These cut-off values were also applied to the fractures interpreted on the BHI logs. It may be noted that it was not possible to discriminate between X-Type and Y-Type fractures based of the Vshale. Indeed, the Vshale values are too close for these two types of fractures to allow a proper distinction.

Impact of mechanical bed thickness First of all, only Z-Type fractures were analysed. We also worked in the unit V being the main clean limestone unit in the Najmah – Sargelu reservoir. From cores, one can observe that fracture densities are higher in thin beds than in thick beds. In unit V, an overall trend of thin fractured beds is even noted at the top whereas thick beds are less fractured toward the middle of that unit (Fig. 12). The relatively poor core sampling of that unit however prevented us to quantify the mechanical bed thickness to fracture density correlation which will be addressed using BHI logs.

40 Petroleum Today

Matrix porosity The average matrix porosity in the clean limestones reservoir units II, IIIB, V and VI where joints were noted on cores is very low (less 5%) with no big contrast of porosity. Therefore, comparison of porosity log with natural fractures recorded on cores did not show any correlation. Consequently, matrix porosity was not considered as a geological driver on natural fracture occurrence in the Najmah – Sargelu reservoir of West Kuwait.

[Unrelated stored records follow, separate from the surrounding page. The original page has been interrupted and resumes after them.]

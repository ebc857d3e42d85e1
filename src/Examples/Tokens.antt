-- ===== src/Examples/Tokens.antt =====
-- The example's tokens, as those of the canister of the proxy.
use idempotent_proxy.Prelude.{
  ℕ, suc, ◌≡◌, refl, ap, ◌∙◌, String, none, some, List, [], ◌∷◌, length, lookup, insert, is_empty,
  false, Member, Option-cases, Result, err, Result-cases, inl, inr,
}
use mathlib.Core.Option
use idempotent_proxy.Auth.{Cbor}
use idempotent_proxy.Canister.Types.{Agent, State}
use idempotent_proxy.Canister.Signer
use idempotent_proxy.Canister.Signer.{SystemCalls, signer}
use idempotent_proxy.Canister.Tasks
use idempotent_proxy.Canister.Upgrade.{default_state}
use idempotent_proxy.Examples.EthCanister.{RpcAgent}
use idempotent_proxy.Examples.Signing.{EcdsaCalls, sign_proxy_token, sign_with}
use idempotent_proxy.Examples.State.{
  EthState, refresh_proxy_token_interval, expiry, sign_rpc_agents, update_proxy_token,
}

-- An agent of the example, without its API token.
abbrev pub as_agent : RpcAgent → Agent
as_agent a = record {
  name = a.name;
  endpoint = a.endpoint;
  max_cycles = a.max_cycles;
  proxy_token = a.proxy_token;
}

abbrev pub as_agents : List RpcAgent → List Agent
as_agents [] = []
as_agents (a ∷ l) = as_agent a ∷ as_agents l

-- The state as one of the canister of the proxy, with an interval of an hour.
abbrev pub as_state : EthState → State
as_state s = record default_state {
  ecdsa_key_name = s.ecdsa_key_name;
  proxy_token_public_key = s.rpc_proxy_public_key;
  proxy_token_refresh_interval = refresh_proxy_token_interval;
  agents = as_agents s.rpc_agents;
}

-- The calls without those of a COSE canister.
abbrev pub as_system : EcdsaCalls → SystemCalls
as_system sys = record {
  sign_with_ecdsa = sys.sign_with_ecdsa;
  ecdsa_public_key = sys.ecdsa_public_key;
  cose_public_key = λ id input cycles. err (0, "");
  cose_sign = λ id input cycles. err (0, "");
  debug = λ id. "";
  show_code = λ code. "";
}

as_agents-length : (l : List RpcAgent) → length (as_agents l) ≡ length l
as_agents-length [] = refl
as_agents-length (a ∷ l) = ap suc (as_agents-length l)

pub as_agents-Member :
    (a : RpcAgent) (l : List RpcAgent) → Member a l → Member (as_agent a) (as_agents l)
as_agents-Member a [] m = absurd m
as_agents-Member a (b ∷ l) (inl here) = inl (ap as_agent here)
as_agents-Member a (b ∷ l) (inr there) = inr (as_agents-Member a l there)

pub as_agents-not_empty : (l : List RpcAgent) → is_empty l ≡ false → is_empty (as_agents l) ≡ false
as_agents-not_empty [] h = h
as_agents-not_empty (a ∷ l) h = refl

-- One agent with its token, in front of the rest.
as_agents-cons :
    (a : RpcAgent) (token : String) (r : Option.Option (List RpcAgent))
    → Option.map as_agents (Option.map (λ l. record a { proxy_token = some token } ∷ l) r)
      ≡ Option.map
          (λ l. record (as_agent a) { proxy_token = some token } ∷ l)
          (Option.map as_agents r)
as_agents-cons a token none = refl
as_agents-cons a token (some l) = refl

module _ (sign : String → ℕ → String → Result String String) (time : ℕ → ℕ)
    (key_name : String) where
  sign_rpc_agents-sign_agents :
      (tokens : List (String × String)) (agents : List RpcAgent)
      → Option.map as_agents (sign_rpc_agents sign time key_name tokens agents)
        ≡ Tasks.sign_agents
            (sign key_name)
            time
            refresh_proxy_token_interval
            tokens
            (as_agents agents)
  unfolding sign_rpc_agents Tasks.sign_agents Tasks.token_expiry
  sign_rpc_agents-sign_agents tokens [] = refl
  sign_rpc_agents-sign_agents tokens (a ∷ agents) = elim (Option-cases (lookup a.name tokens)) [
    | inr (token, known) ↦
        rw (known, sign_rpc_agents, Tasks.sign_agents)
          (as_agents-cons a token _ ∙ rw (sign_rpc_agents-sign_agents tokens agents) refl)
    | inl new ↦
        let same = as_agents-length agents in
        elim (Result-cases (sign key_name (expiry (time (length agents))) a.name)) [
          | inr (e, failed) ↦
              rw (new, sign_rpc_agents, Tasks.sign_agents) (rw same (rw (failed) refl))
          | inl (token, signed) ↦
              rw (new, sign_rpc_agents, Tasks.sign_agents)
                (rw same (
                  rw (signed) (
                    as_agents-cons a token _
                    ∙ rw (sign_rpc_agents-sign_agents (insert a.name token tokens) agents) refl)))
        ]
  ]

update_state :
    (s : EthState) (r : Option.Option (List RpcAgent))
    → Option.map as_state (Option.map (λ l. record s { rpc_agents = l }) r)
      ≡ Option.map (λ l. record (as_state s) { agents = l }) (Option.map as_agents r)
update_state s none = refl
update_state s (some l) = refl

pub update-as :
    (sign : String → ℕ → String → Result String String) (time : ℕ → ℕ) (key_name : String)
    (agents : List RpcAgent) (s : EthState)
    → Option.map as_state (update_proxy_token sign time key_name agents s)
      ≡ Tasks.update_proxy_token
          (sign key_name)
          time
          refresh_proxy_token_interval
          (as_agents agents)
          (as_state s)
unfolding update_proxy_token Tasks.update_proxy_token
update-as sign time key_name [] s = refl
update-as sign time key_name (a ∷ agents) s =
    update_state s _
    ∙ ap (Option.map (λ l. record (as_state s) { agents = l }))
        (sign_rpc_agents-sign_agents sign time key_name [] (a ∷ agents))

module _ (sys : EcdsaCalls) (base64_encode : List ℕ → String) (cbor : Cbor)
    (sha3_256 : List ℕ → List ℕ) where
  -- The example signs as the canister of the proxy does without a COSE canister.
  sign_proxy_token-as :
      (s : EthState) (expire_at : ℕ) (message : String)
      → sign_proxy_token sys base64_encode cbor sha3_256 s.ecdsa_key_name expire_at message
        ≡ Signer.sign_proxy_token
            (as_system sys)
            base64_encode
            cbor
            sha3_256
            (signer (as_state s))
            expire_at
            message
  unfolding sign_proxy_token sign_with Signer.sign_proxy_token Signer.sign_digest Signer.sign_with
      signer
  sign_proxy_token-as s expire_at message = refl

  -- The example's refresh of its tokens, or its setting of agents, is that of the canister of the
  -- proxy without a COSE canister and with an interval of an hour: on every state and every answer
  -- of the management canister it traps where that one does, and else it leaves the same agents
  -- with the same tokens.
  pub update_proxy_token-as :
      (time : ℕ → ℕ) (agents : List RpcAgent) (before s : EthState)
      → Option.map as_state (
          update_proxy_token
            (sign_proxy_token sys base64_encode cbor sha3_256)
            time
            before.ecdsa_key_name
            agents
            s)
        ≡ Tasks.update_proxy_token
            (Signer.sign_proxy_token
              (as_system sys)
              base64_encode
              cbor
              sha3_256
              (signer (as_state before)))
            time
            (as_state before).proxy_token_refresh_interval
            (as_agents agents)
            (as_state s)
  update_proxy_token-as time agents before s =
      update-as (sign_proxy_token sys base64_encode cbor sha3_256) time before.ecdsa_key_name agents
        s
      ∙ ap
          (λ sign.
            Tasks.update_proxy_token sign time refresh_proxy_token_interval (as_agents agents)
              (as_state s))
          (λ i e m. sign_proxy_token-as before e m i)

Fracture Analysis from BHI Data This section is dedicated to the statistical analysis of the natural fractures interpreted from BHI logs in the Najmah – Sargelu reservoir – West Kuwait. It aims first at the definition of the main fractures sets and secondly at the analysis of the different types (e.g. different scales) of tectonic fractures. This work was performed based on BHI interpretation available at 18 wells most of them being vertical.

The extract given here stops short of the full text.